Export data YCQL

This page documents the preview version (v2.23). Preview includes features under active development and is for development and testing only. For production, use the stable version (v2024.1). To learn more, see Versioning.

Bulk export is available for YugabyteDB's Cassandra-compatible YCQL API. To export data from a YugabyteDB or an Apache Cassandra table, you can use the cassandra-unloader tool.

A typical workflow is to start with creating a source YugabyteDB table and populate it with data, then exporting the data using the cassandra-unloader tool.

Create source table

The following example represents the schema of the destination YugabyteDB table:

CREATE KEYSPACE load;
USE load;

CREATE TABLE users(
  user_id varchar,
  score1 double,
  score2 double,
  points int,
  object_id varchar,
   PRIMARY KEY (user_id));

Generate sample data

You can generate data by executing a Python script, as per the following example:

# sample usage:
#  To generate a 10GB (10240 MB) file.
#  % python gen_csv.py <outfile_name> <outfile_size_MB>
#  % python gen_csv.py file01.csv 10240
#
import numpy as np
import uuid
import csv
import os
import sys
outfile    = sys.argv[1] # output file name
outsize_mb = int(sys.argv[2])
print("Outfile = " + outfile)
print("Outfile Size (MB) = " + str(outsize_mb))
chunksize = 10000
with open(outfile, 'ab') as csvfile:
    while (os.path.getsize(outfile)//1024**2) < outsize_mb:
        data = [[uuid.uuid4() for i in range(chunksize)],
                np.random.random(chunksize)*1000,
                np.random.random(chunksize)*50,
                np.random.randint(1000000, size=(chunksize,)),
                [uuid.uuid4() for i in range(chunksize)]]
        csvfile.writelines(['%s,%.6f,%.6f,%i,%s\n' % row for row in zip(*data)])

The following shows sample rows generated by the script:

head file00.csv
3399bebc-d2cc-40c6-89d4-26102e08ff61,622.491927,40.262305,658257,44d73f8c-1d3c-424e-8fd2-d316c56b8454
4f362eac-f79f-45f6-b6b1-bd5a81f931dc,141.344278,3.024717,694290,7768b010-8411-490a-b523-88cc3ec53cb5
a24a6587-eea4-4907-ac7f-9f99dcac8f82,345.110599,3.869150,510943,5765d1d3-2855-4dbe-9f11-bb3b8631789f
...

To generate five CSV files of approximately 5 GB each, run the following commands:

python ./gen_csv.py file00.csv 5120 &
python ./gen_csv.py file01.csv 5120 &
python ./gen_csv.py file02.csv 5120 &
python ./gen_csv.py file03.csv 5120 &
python ./gen_csv.py file04.csv 5120 &

Load sample data

cassandra-loader is a general-purpose bulk loader for CQL that supports various types of delimited files, particularly CSV files.
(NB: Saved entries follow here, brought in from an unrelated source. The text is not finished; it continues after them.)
-- ===== src/Identity/Challenge/Sound.antt =====
-- What a validated signing challenge promises.
use go_cell_protocol.Prelude.{
  ◌≤◌, String, ◌≡◌, All, trim_space, Bool, false, ◌||◌, List, [], ◌∷◌, Option, none, some, Result,
  ok, err, arith, eq_iff, ltb, length, if◌then◌else◌, sym, ap, Result-cases, Bool-cases, inl, inr,
  ◌∙◌,
}
use go_cell_protocol.Prelude.Int.{ℤ, ◌+ℤ◌, ◌-ℤ◌, ltb_ℤ, ◌≤ℤ◌}
use go_cell_protocol.Identity.{
  Bytes, Identity, SigningChallenge, Crypto, signing_public_key_fingerprint,
}
use go_cell_protocol.Identity.Challenge.{
  IsValid, InScope, challenge_type, challenge_purpose, validity, clock_skew, minimum_nonce,
  maximum_nonce, maximum_bytes, scope_error, validate_rest, validate_decoded, validate_challenge,
}

not_before : (a b : ℤ) → ltb_ℤ b a ≡ false → a ≤ℤ b
not_before a b h = ground arith

within : (a b w : ℤ) → ltb_ℤ w (a -ℤ b) ≡ false → a ≤ℤ b +ℤ w
within a b w h = ground arith

or_false : (a b : Bool) → (a || b) ≡ false → (a ≡ false) × (b ≡ false)
or_false a b h = ground arith

scope_error_sound : (l : List String) → scope_error l ≡ none → All InScope l
unfolding scope_error
scope_error_sound [] h = tt
scope_error_sound (s ∷ l) h = ((λ e. blank e, ground arith), scope_error_sound l (ground arith))
  where
    blank : trim_space s ≡ "" → ⊥
    blank e = ground (arith, eq_iff (trim_space s) "")

-- The facts of a validated challenge that the last checks give.
record Rest (c c' : SigningChallenge) (now : ℤ) : Type 0 where
  same : c' ≡ c
  nonce_min : minimum_nonce ≤ length c.nonce
  nonce_max : length c.nonce ≤ maximum_nonce
  scoped : scope_error (c.domain ∷ c.resource ∷ c.action ∷ c.audience ∷ []) ≡ none
  valid : (ltb_ℤ c.expires_at c.issued_at || ltb_ℤ validity (c.expires_at -ℤ c.issued_at)) ≡ false
  issued : ltb_ℤ (now +ℤ clock_skew) c.issued_at ≡ false
  alive : ltb_ℤ c.expires_at now ≡ false

-- The checks in a row, with each test a value.
abbrev chain :
    Bool → Bool → Option String → Bool → Bool → Bool → SigningChallenge → Result SigningChallenge
chain a b s d e f c =
    if a
    then err "identity signing challenge nonce is too short"
    else if b
    then err "identity signing challenge nonce is too large"
    else elim s [
      | some e ↦ err e
      | none ↦
          if d
          then err "identity signing challenge has invalid validity"
          else if e
          then err "identity signing challenge was issued in the future"
          else if f
          then err "identity signing challenge has expired"
          else ok c
    ]

chain_ok :
    (a b : Bool) (s : Option String) (d e f : Bool) (c c' : SigningChallenge)
    → chain a b s d e f c ≡ ok c'
    → (c' ≡ c) × (a ≡ false) × (b ≡ false) × (s ≡ none) × (d ≡ false) × (e ≡ false) × (f ≡ false)
chain_ok a b s d e f c c' h = ground arith

validate_rest_sound :
    (c c' : SigningChallenge) (now : ℤ) → validate_rest c now ≡ ok c' → Rest c c' now
unfolding validate_rest
validate_rest_sound c c' now h =
    let (same, a, b, s, d, e, f) =
      chain_ok (ltb (length c.nonce) minimum_nonce) (ltb maximum_nonce (length c.nonce))
        (scope_error (c.domain ∷ c.resource ∷ c.action ∷ c.audience ∷ []))
        (ltb_ℤ c.expires_at c.issued_at || ltb_ℤ validity (c.expires_at -ℤ c.issued_at))
        (ltb_ℤ (now +ℤ clock_skew) c.issued_at) (ltb_ℤ c.expires_at now) c c' h in
    record {
      same = same;
      nonce_min = ground arith;
      nonce_max = ground arith;
      scoped = s;
      valid = d;
      issued = e;
      alive = f;
    }

-- The facts of a validated challenge that the first checks give.
record Head (c c' : SigningChallenge) (i : Identity) (f : Result String) (now : ℤ) : Type 0 where
  kind : c.kind ≡ challenge_type
  purpose : c.purpose ≡ challenge_purpose
  identity : c.identity_uuid ≡ i.uuid
  fingerprint : f ≡ ok c.public_key_fingerprint
  rest : validate_rest c now ≡ ok c'

validate_decoded_sound :
    (c c' : SigningChallenge) (i : Identity) (f : Result String) (now : ℤ)
    → validate_decoded c i f now ≡ ok c'
    → Head c c' i f now
unfolding validate_decoded
validate_decoded_sound c c' i (err e) now h = absurd (ground arith)
validate_decoded_sound c c' i (ok expected) now h = record {
  kind = ground (arith, eq_iff c.kind challenge_type);
  purpose = ground (arith, eq_iff c.purpose challenge_purpose);
  identity = ground (arith, eq_iff c.identity_uuid i.uuid);
  fingerprint = ground (arith, eq_iff c.public_key_fingerprint expected);
  rest = ground arith;
}

Rest-IsValid :
    {c c' : SigningChallenge} {i : Identity} {f : Result String} {now : ℤ}
    → Head c c' i f now
    → Rest c c' now
    → IsValid c i now
Rest-IsValid {c} {c'} {i} {f} {now} h r = record {
  kind = h.kind;
  purpose = h.purpose;
  identity = h.identity;
  nonce_min = r.nonce_min;
  nonce_max = r.nonce_max;
  scoped = scope_error_sound _ r.scoped;
  ordered = not_before c.issued_at c.expires_at (or_false _ _ r.valid).0;
  short = within c.expires_at c.issued_at validity (or_false _ _ r.valid).1;
  not_future = not_before c.issued_at (now +ℤ clock_skew) r.issued;
  alive = not_before now c.expires_at r.alive;
}

decoded-IsValid :
    (c c' : SigningChallenge) (i : Identity) (f : Result String) (now : ℤ)
    → validate_decoded c i f now ≡ ok c'
    → (c' ≡ c) × (f ≡ ok c'.public_key_fingerprint) × IsValid c' i now
decoded-IsValid c c' i f now h =
    let head = validate_decoded_sound c c' i f now h in
    let r = validate_rest_sound c c' now head.rest in
    (r.same, rw r.same head.fingerprint, rw r.same (Rest-IsValid head r))

module _ (k : Crypto) where
  -- A signing challenge that validates is the one its bytes decode to, names the identity and the
  -- fingerprint of its key, and is valid at that time: its nonce has 32 to 128 bytes, its scope is
  -- neither blank nor long, it lives at most 60 seconds, was not issued more than 300 seconds ahead
  -- and has not expired. The bytes are at most 8192.
  pub validate_challenge_sound :
      (raw : Bytes) (i : Identity) (now : ℤ) (c : SigningChallenge)
      → validate_challenge k raw (some i) now ≡ ok c
      → (length raw ≤ maximum_bytes)
        × (k.unmarshal_challenge raw ≡ ok c)
        × (signing_public_key_fingerprint k i ≡ ok c.public_key_fingerprint)
        × IsValid c i now
  unfolding validate_challenge
  validate_challenge_sound raw i now c h = elim (Bool-cases (ltb maximum_bytes (length raw))) [
    | inl e ↦ absurd (clash (rw (e, validate_challenge) at h))
    | inr e ↦ elim (Result-cases (k.unmarshal_challenge raw)) [
      | inl (d, u) ↦
          let (same, f, v) =
            decoded-IsValid d c i (signing_public_key_fingerprint k i) now
              (rw (u, validate_challenge) at (rw (e, validate_challenge) at h)) in
          (ground arith, u ∙ ap ok (sym same), f, v)
      | inr (m, u) ↦
          absurd (clash (rw (u, validate_challenge) at (rw (e, validate_challenge) at h)))
    ]
  ]
    where
      clash : {m : String} → err m ≡ ok c → ⊥
      clash q = cc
For details, review the README file of the YugabyteDB cassandra-loader fork. Note that cassandra-loader requires quotes for collection types (for example, "[1,2,3]" rather than [1,2,3] for lists).

You can install cassandra-loader as follows:

wget https://github.com/yugabyte/cassandra-loader/releases/download/<latest-version>/cassandra-loader
chmod a+x cassandra-loader

You can run cassandra-loader and queue up the files for upload one at a time, as follows:

./cassandra-loader \
    -schema "load.users(user_id, score1, score2, points, object_id)" \
    -boolStyle 1_0 \
    -numFutures 1000 \
    -rate 10000 \
    -queryTimeout 65 \
    -numRetries 10 \
    -progressRate 200000 \
    -host <clusterNodeIP> \
    -f file01.csv

For additional options, refer to cassandra-loader options.

Export data

You can install cassandra-unloader as follows:

wget https://github.com/brianmhess/cassandra-loader/releases/download/<latest-version>/cassandra-unloader
chmod a+x cassandra-unloader

You can run cassandra-unloader as follows:

./cassandra-unloader \
   -schema "load.users(user_id, score1, score2, points, object_id)" \
   -boolStyle 1_0 \
   -host <clusterNodeIP> \
   -f outfile.csv

For additional options, refer to cassandra-unloader options.

Best practices

Be sure to always specify the time zone, as it is not added to the default timestamp formats when using the cassandra-loader and cassandra-unloader utilities. Timestamps must be exported and imported in the same format, including the time zone. For example, yyyy-MM-dd HH:mm:ss.SSSZ and yyyy-MM-dd HH:mm:ss.SSSXXX.

It is recommended to use tab character as delimiter on JSONB columns, as the default delimiter, comma ( , ) does not work with these type of columns. For example, -delim $'\t'.